I was talking to Paul from TwnSqr the other day about this concept of valuing buyers and how much that is a critical part of a successful business growth. I think you’re backing that up.
Eli Fisher
When we talk about companies that are helping to move the ball forward, with respect to technology, you know, selfishly, I placed us in that category. But I really respect Paul and the guys at TwnSqr, because one of the things that they’ve done is they’ve built a platform that is very focused on data integrity and security. They do not share people’s data. That’s really, really important. It becomes even more important moving forward. But because I would say this industry hasn’t historically focused on data and tech, I’d say it’s lagging behind what we see from a lot of stuff coming out of the valley. If I was to say a group that is doing it right, I would definitely point to them.
I think you can relate as well, because you built a tech company here, you deal with a large amounts of data. Maybe you could share with the audience some of your thoughts on that, because that is something that gets overlooked. We look at it because there’s a right way to do it, regarding data and privacy laws. But It’s one of those things that oftentimes goes overlooked.
Paul from TwnSqr has been on this podcast, and I definitely recommend people listen to it. A lot of our thinking as a platform is around data integrity, security, and compliance, and making sure that we are always promoting best practice, which historically in our industry is not always at the of everybody’s list. Best practice ensures that when you do reach someone, they’re not sick of talking to people because a bunch of cowboys have been blasting them at three in the morning.
The shining light is that it’s really a forcing function. It forces people to up their game and then the people that are unable to do that get weeded out. All markets become proficient over time, and this is just one of those steps. Now this market is becoming more efficient, in this case with technology.
Fast Five Questions
- What feature of your system do you think has the biggest impact on on your customer’s business?
Right now, in this marketplace, buyers. We allow them to see who’s going to pay the most.
- What is the biggest mistake people make within your technology area? IE data and data processing?
You don’t take the time to actually look at the results.

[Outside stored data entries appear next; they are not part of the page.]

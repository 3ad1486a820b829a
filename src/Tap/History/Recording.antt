-- ===== src/Tap/History/Recording.antt =====
-- pour_history.cpp, `history_observe`: what a recording holds while a pour goes on and at its end.
use keg_scale_espdisplay.Prelude.{
  ◌≡◌, refl, ap, ◌⊎◌, inl, inr, true, false, none, some, List, [], ◌∷◌, arith, get_elem?, All,
  last_or, sub32,
}
use keg_scale_espdisplay.Tap.History.Points.{Filled, add_point-Filled, pressed, put_point-first}
use keg_scale_espdisplay.Tap.History.{
  PourPoint, History, Observation, point_of, put_point, add_point, begin_recording, end_recording,
  history_observe,
}

module _ (o : Observation) (h : History) where
  observe_ends :
      o.available ≡ true
      → h.saving ≡ false
      → h.recording ≡ true
      → o.pouring ≡ false
      → history_observe o h ≡ end_recording o (add_point o (pressed o h))
  unfolding history_observe
  observe_ends a b r e = ground arith

  observe_pours :
      o.pouring ≡ true
      → h.recording ≡ true
      → h.saving ≡ false
      → (history_observe o h ≡ h)
        ⊎ ((history_observe o h ≡ pressed o h) ⊎ (history_observe o h ≡ add_point o (pressed o h)))
  unfolding history_observe
  observe_pours p r s = ground arith

  observe_begins :
      o.available ≡ true
      → h.saving ≡ false
      → h.recording ≡ false
      → o.pouring ≡ true
      → history_observe o h ≡ add_point o (begin_recording o h)
  unfolding history_observe
  observe_begins a s r e = ground arith

-- The rounds in their order.
abbrev pub observe_all : List Observation → History → History
observe_all [] h = h
observe_all (o ∷ os) h = observe_all os (history_observe o h)

-- The recording that the round `o` began goes on: its start, its first point and its summary are
-- those of that round.
pub record Recorded (o : Observation) (first : PourPoint) (h : History) : Type 0 where
  pub recording : h.recording ≡ true
  pub saving : h.saving ≡ false
  pub filled : Filled h
  pub started : h.started ≡ o.now
  pub first_point : get_elem? h.points 0 ≡ some first
  pub settings : h.pending.summary.settings ≡ o.c
  pub manual_hold : h.pending.summary.manual_hold ≡ o.hold

module _ (o₀ : Observation) (first : PourPoint) where
  pressed-Recorded :
      (o : Observation) (h : History) → Recorded o₀ first h → Recorded o₀ first (pressed o h)
  pressed-Recorded o h r = record {
    recording = r.recording;
    saving = r.saving;
    filled = r.filled;
    started = r.started;
    first_point = r.first_point;
    settings = r.settings;
    manual_hold = r.manual_hold;
  }

  add_point-Recorded :
      (o : Observation) (h : History) → Recorded o₀ first h → Recorded o₀ first (add_point o h)
  unfolding add_point
  add_point-Recorded o h r = record {
    recording = r.recording;
    saving = r.saving;
    filled = (add_point-Filled o h r.filled.2).0;
    started = r.started;
    first_point = put_point-first (point_of o h) first h.points r.first_point;
    settings = r.settings;
    manual_hold = r.manual_hold;
  }

  observe_all-Recorded :
      (os : List Observation) (h : History)
      → All (λ o. o.pouring ≡ true) os
      → Recorded o₀ first h
      → Recorded o₀ first (observe_all os h)
  observe_all-Recorded [] h a r = r
  observe_all-Recorded (o ∷ os) h a r =
      observe_all-Recorded os (history_observe o h) a.1
        (elim (observe_pours o h a.0 r.recording r.saving) [
          | inl e ↦ rw e r
          | inr (inl e) ↦ rw e (pressed-Recorded o h r)
          | inr (inr e) ↦ rw e (add_point-Recorded o (pressed o h) (pressed-Recorded o h r))
        ])

observe_begins-Recorded :
    (o : Observation) (h : History)
    → h.recording ≡ false
    → h.saving ≡ false
    → o.available ≡ true
    → o.pouring ≡ true
    → Recorded o (point_of o (begin_recording o h)) (history_observe o h)
unfolding begin_recording add_point put_point
observe_begins-Recorded o h r s a p = rw (observe_begins o h a s r p) (record {
  recording = refl;
  saving = s;
  filled = (add_point-Filled o (begin_recording o h) (omega arith)).0;
  started = refl;
  first_point = refl;
  settings = refl;
  manual_hold = refl;
})

-- What the writer gets of a pour, by the round that began it and the one that ended it.
pub record Handed (o₀ o : Observation) (h : History) : Type 0 where
  pub recording : h.recording ≡ false
  pub saving : h.saving ≡ true
  pub filled : Filled h
  pub duration : h.pending.summary.duration_ms ≡ sub32 o.now o₀.now
  pub reason : h.pending.summary.reason ≡ some o.reason
  pub settings : h.pending.summary.settings ≡ o₀.c
  pub manual_hold : h.pending.summary.manual_hold ≡ o₀.hold
  pub first_point :
      (x : PourPoint) × (get_elem? h.points 0 ≡ some x)
      × (x.elapsed_ms ≡ sub32 o₀.now o₀.now)
      × (x.mm ≡ o₀.s.mm)
      × (x.sequence ≡ o₀.s.sequence)
  pub last_point :
      (x : PourPoint) × (last_or none h.points ≡ some x)
      × (x.elapsed_ms ≡ sub32 o.now o₀.now)
      × (x.mm ≡ o.s.mm)
      × (x.sequence ≡ o.s.sequence)

Recorded-Handed :
    (o₀ o : Observation) (h₀ h : History)
    → Recorded o₀ (point_of o₀ (begin_recording o₀ h₀)) h
    → o.available ≡ true
    → o.pouring ≡ false
    → Handed o₀ o (history_observe o h)
unfolding end_recording add_point begin_recording point_of
Recorded-Handed o₀ o h₀ h r a p =
    let f = add_point-Filled o (pressed o h) r.filled.2 in
    let since : sub32 o.now h.started ≡ sub32 o.now o₀.now = ap (λ t. sub32 o.now t) r.started in
    let row = point_of o₀ (begin_recording o₀ h₀) in
    rw (observe_ends o h a r.saving r.recording p) (record {
      recording = refl;
      saving = refl;
      filled = f.0;
      duration = since;
      reason = refl;
      settings = r.settings;
      manual_hold = r.manual_hold;
      first_point = (
        row,
        put_point-first (point_of o (pressed o h)) row h.points r.first_point,
        refl,
        refl,
        refl,
      );
      last_point = (point_of o (pressed o h), f.1, since, refl, refl);
    })

-- A pour from the round that begins it, over any rounds in which it goes on, to the round that ends
-- it: it is handed to the writer with between 1 and 242 points, the first of them the reading of
-- the first round, at the time of that round, and the last one the reading of the last round. The
-- duration is the time from the first round to the last, the settings and the kind of the pour are
-- those of the first round, and the reason is that of the last.
pub history_observe-end :
    (h : History) (o₀ : Observation) (os : List Observation) (o : Observation)
    → h.recording ≡ false
    → h.saving ≡ false
    → o₀.available ≡ true
    → o₀.pouring ≡ true
    → All (λ x. x.pouring ≡ true) os
    → o.available ≡ true
    → o.pouring ≡ false
    → Handed o₀ o (history_observe o (observe_all os (history_observe o₀ h)))
history_observe-end h o₀ os o r s a p ps b e =
    let row = point_of o₀ (begin_recording o₀ h) in
    let begun = observe_begins-Recorded o₀ h r s a p in
    Recorded-Handed o₀ o h (observe_all os (history_observe o₀ h))
      (observe_all-Recorded o₀ row os (history_observe o₀ h) ps begun) b e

- What is your best advice to someone new to the real estate investing business on how to get involved in data and data analysis?
From the very beginning, start to look at your conversion, and understand why marketing isn’t working, or why in acquisition you’re losing that deal. We can help people with that.
- Is there one thing across all the Audantic products you wish everyone knew about Audantic?
I would say our predictive data. There’s a better way to target people. And it would help people not waste the amount of money that are buying lists from all these other aggregators and just doing the same thing as everyone else.
- If someone was just starting out, what are three bits of technology you would recommend that they bring on first?
You’re gonna need a calling platform, a dialing/texting platform, number one. Invest in a decent CRM, and then find a tool, whether it’s ours or whatever, that helps you identify buyers.